Extracted records =>
——

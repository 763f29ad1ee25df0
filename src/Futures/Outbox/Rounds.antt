-- ===== src/Futures/Outbox/Rounds.antt =====
-- What holds at every round of ProcessOutbox holds when it returns.
use zhigu.Base.{
  ℕ, zero, suc, ◌+◌, ◌≡◌, subst, inl, inr, Bool, true, Option, none, some, String, Elem, leb,
  Result-cases, ok, Error, Bool-cases, Option-cases,
}
use zhigu.Futures.Store.{OutboxValue, Store}
use zhigu.Futures.Outbox.{
  is_due, next_due, deliver, record_outbox_failure, Outcome, after_failure, round, process_loop,
}
use zhigu.Futures.Outbox.Progress.{next_due_found}

the_same : {A : Type 0} {a b : A} → some a ≡ some b → a ≡ b
the_same h = cc

module _ (locked : String → Bool) (now : ℕ) where
  module _ (id_before : String → String → Bool) (limit : ℕ) where
    -- A property of stores and of the count of deliveries that both kinds of round keep is kept by the loop.
    module _ (P : ℕ → Store → Type 0)
        (delivers : (p : ℕ) (row : OutboxValue) (s t : Store)
          → Elem row s.outbox
          → is_due locked now row ≡ true
          → deliver row s ≡ ok t
          → P p s
          → P (p + 1) t)
        (fails : (p : ℕ) (row : OutboxValue) (s t : Store)
          → Elem row s.outbox
          → is_due locked now row ≡ true
          → record_outbox_failure row.id now s ≡ ok t
          → P p s
          → P p t) where
      abbrev Keeps : Option Outcome → Type 0
      Keeps r = (o : Outcome) → r ≡ some o → P o.processed o.store

      ends_here :
          (p : ℕ) (s : Store) (e : Option Error)
          → P p s
          → Keeps (some (record { processed = p; error = e; store = s }))
      ends_here p s e k o h = subst (λ (o : Outcome). P o.processed o.store) (the_same h) k

      round-Keeps :
          (continue : ℕ → Store → Option Outcome)
          → ((p : ℕ) (t : Store) → P p t → Keeps (continue p t))
          → (p : ℕ) (s : Store) (row : OutboxValue)
          → Elem row s.outbox × (is_due locked now row ≡ true)
          → P p s
          → Keeps (round continue (some row) now p s)
      round-Keeps continue more p s row (m, due) k = elim (Result-cases (deliver row s)) [
        | inl (t, h) ↦ rw (h, round) (more (p + 1) t (delivers p row s t m due h k))
        | inr (x, h) ↦ elim (Result-cases (record_outbox_failure row.id now s)) [
          | inl (t, f) ↦ rw (h, f, round, after_failure) (more p t (fails p row s t m due f k))
          | inr (y, f) ↦ rw (h, f, round, after_failure) (ends_here p s (some y) k)
        ]
      ]

      pub process_loop-Keeps :
          (fuel p : ℕ) (s : Store)
          → P p s
          → Keeps (process_loop fuel id_before locked now limit p s)
      unfolding process_loop
      process_loop-Keeps zero p s k = λ o h. cc
      process_loop-Keeps (suc fuel) p s k = elim (Bool-cases (leb limit p)) [
        | inl e ↦ rw (e, process_loop) (ends_here p s none k)
        | inr e ↦ elim (Option-cases (next_due id_before (is_due locked now) s.outbox)) [
          | inl n ↦ rw (e, n, process_loop, round) (ends_here p s none k)
          | inr (row, n) ↦
              rw (e, n, process_loop)
                (round-Keeps (λ q t. process_loop fuel id_before locked now limit q t)
                  (λ q t. process_loop-Keeps fuel q t) p s row
                  (next_due_found locked now id_before limit s n) k)
        ]
      ]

——

Only the lines above starting at the line that holds "(fails : (p" and ending at the line that holds "elim (Option-cases (next_due" are to be repeated, exactly and in full.

        (fails : (p : ℕ) (row : OutboxValue) (s t : Store)
          → Elem row s.outbox
          → is_due locked now row ≡ true
          → record_outbox_failure row.id now s ≡ ok t
          → P p s
          → P p t) where
      abbrev Keeps : Option Outcome → Type 0
      Keeps r = (o : Outcome) → r ≡ some o → P o.processed o.store

      ends_here :
          (p : ℕ) (s : Store) (e : Option Error)
          → P p s
          → Keeps (some (record { processed = p; error = e; store = s }))
      ends_here p s e k o h = subst (λ (o : Outcome). P o.processed o.store) (the_same h) k

      round-Keeps :
          (continue : ℕ → Store → Option Outcome)
          → ((p : ℕ) (t : Store) → P p t → Keeps (continue p t))
          → (p : ℕ) (s : Store) (row : OutboxValue)
          → Elem row s.outbox × (is_due locked now row ≡ true)
          → P p s
          → Keeps (round continue (some row) now p s)
      round-Keeps continue more p s row (m, due) k = elim (Result-cases (deliver row s)) [
        | inl (t, h) ↦ rw (h, round) (more (p + 1) t (delivers p row s t m due h k))
        | inr (x, h) ↦ elim (Result-cases (record_outbox_failure row.id now s)) [
          | inl (t, f) ↦ rw (h, f, round, after_failure) (more p t (fails p row s t m due f k))
          | inr (y, f) ↦ rw (h, f, round, after_failure) (ends_here p s (some y) k)
        ]
      ]

      pub process_loop-Keeps :
          (fuel p : ℕ) (s : Store)
          → P p s
          → Keeps (process_loop fuel id_before locked now limit p s)
      unfolding process_loop
      process_loop-Keeps zero p s k = λ o h. cc
      process_loop-Keeps (suc fuel) p s k = elim (Bool-cases (leb limit p)) [
        | inl e ↦ rw (e, process_loop) (ends_here p s none k)
        | inr e ↦ elim (Option-cases (next_due id_before (is_due locked now) s.outbox)) [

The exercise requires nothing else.